What do you consider "costly" for a software package that would do exactly what you need done?

Edit: Tony do they offer those packages as part of their supply business?


----------



## chefedb (Apr 3, 2010)

When you say tighten up, do you mean in your operation only? and tighten up what phase?  Amounts to order for x amount of guest?  Every place has different specs. for their own operation. I may serve a 5 ounce piece of something and you 6 or 7..  I kind of wrote my own software before software was even heard of by sitting down and figuring how much to order per 100 people of almost everything we used. Over th years I have updated and made changes but it still works and I have little waste, and a good cost ratio.


----------



## chefdave11 (Oct 27, 2011)

My brother, a computer guy, and I did a lot of research as we were getting ready to open our business.  Ultimately, Caterease won us over.  It's a very well-designed and powerful internet-based software program.  Honestly, I haven't yet used it for the specifics of what you're looking for (most of our business is not off-premises), but I know that it does have those capabilities and in general is pretty user-friendly.

We also use it in conjunction with Quickbooks.

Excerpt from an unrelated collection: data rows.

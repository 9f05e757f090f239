-- ===== src/Cluster/Stores.antt =====
-- What a store over an idle link comes to (crates/trust-kernel/src/cluster_mux.rs).
use spaceshuttle.Prelude.{
  ℕ, ◌≡◌, refl, sym, subst, ◌∙◌, List, [], ◌∷◌, none, some, String, true, false, str_eq, length,
}
use spaceshuttle.Prelude.Text.{format, decimal}
use spaceshuttle.Cluster.BlockStore
use spaceshuttle.Cluster.BlockStore.{BlockStore, StoredBlock, lookup, lookup-insert, insert, served}
use spaceshuttle.Cluster.Frames.{
  io_ok, store_frame, response_frame, answered, refused, remote_status, read_payload_streaming,
}
use spaceshuttle.Cluster.Streaming.{read_chunks_whole}
use spaceshuttle.Cluster.Server.{Message, ClusterMuxServer, handle_frame, dispatch, handle_store}
use spaceshuttle.Cluster.Client.{
  Link, store_block, read_frame, store_reply, store_status, next_channel_id,
}
use spaceshuttle.Cluster.Requests.{IsIdle, Reaches, counted, request_reads, ==_refl}

module _ (sha256_hex : List ℕ → String) where
  module _ (l : Link) (block_index : ℕ) (block : List ℕ) (content_hash seal : String)
      (raw_size bus_seq : ℕ) (idle : IsIdle l.client.connection) where
    abbrev store_message : Message
    store_message = (
      store_frame l.client.next_channel block_index l.client.from_aint (length block) raw_size
          content_hash seal bus_seq,
      block,
    )

    -- What the server makes of a store, given whether the hash is that of the bytes.
    store_handled :
        handle_frame sha256_hex l.server store_message
        ≡ handle_store sha256_hex
            (counted sha256_hex l)
            l.client.next_channel
            block_index
            l.client.from_aint
            raw_size
            content_hash
            seal
            bus_seq
            (io_ok (block, sha256_hex block, []))
    unfolding handle_frame dispatch read_payload_streaming
    store_handled = rw (==_refl (length block), read_chunks_whole block) refl

    abbrev pub storing : ClusterMuxServer
    storing = record (counted sha256_hex l) {
      store =
          BlockStore.store l.server.store block_index block content_hash seal raw_size
            l.client.from_aint bus_seq;
    }

    pub store_good :
        str_eq (sha256_hex block) content_hash ≡ true
        → Reaches sha256_hex
            (store_block sha256_hex l none block_index block content_hash seal raw_size bus_seq)
            storing
            (answered tt)
    unfolding store_block handle_store read_frame next_channel_id store_reply store_status
    store_good good =
        subst (λ r. Reaches sha256_hex r storing (answered tt))
          (sym (
            request_reads sha256_hex l store_message
              (
                response_frame l.client.next_channel 200 block_index content_hash (length block)
                    raw_size
                    (format (
                      "mux_store_"
                      ∷ decimal block_index
                      ∷ "_"
                      ∷ decimal l.client.next_channel
                      ∷ []))
                    none,
                [],
              )
              storing (store_reply block_index (length block) content_hash) idle
              (store_handled ∙ rw good refl)))
          (tt, refl, refl)

    pub store_bad :
        str_eq (sha256_hex block) content_hash ≡ false
        → Reaches sha256_hex
            (store_block sha256_hex l none block_index block content_hash seal raw_size bus_seq)
            (counted sha256_hex l)
            (refused (remote_status 409 "Store hash mismatch"))
    unfolding store_block handle_store read_frame next_channel_id store_reply store_status
    store_bad bad =
        subst
          (λ r.
            Reaches sha256_hex r (counted sha256_hex l)
              (refused (remote_status 409 "Store hash mismatch")))
          (sym (
            request_reads sha256_hex l store_message
              (
                response_frame l.client.next_channel 409 block_index (sha256_hex block) 0 0 ""
                    (some "Store hash mismatch"),
                [],
              )
              (counted sha256_hex l) (store_reply block_index (length block) content_hash) idle
              (store_handled ∙ rw bad refl)))
          (tt, refl, refl)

It's not the "cheapest" out there, but it is reasonable.


----------



## tony direnzo (Sep 1, 2011)

Eastshores: they do offer these as part of their supply business at discounted prices, but windstar (the one with Sysco and the best one I've used) has a website where you cn purchase their web site is http://www.windstarcorp.com/index.html click on the tabfor restaurant pro. It is awesome


----------



## michaelcoulter (May 10, 2012)

I'm a new member here, but I wanted to comment that I've just sent out a request for input on doing some software development in the food service market. I've already posted on a couple other threads, so I won't repeat everything I wrote- you can view it in the thread I posted on if you'd like. Basically, I'm just looking for feedback on creating something for your market. I'd much rather try and make something useful that suits your needs, rather than pretend I know what you'd want or use.

Thanks,

- Michael


----------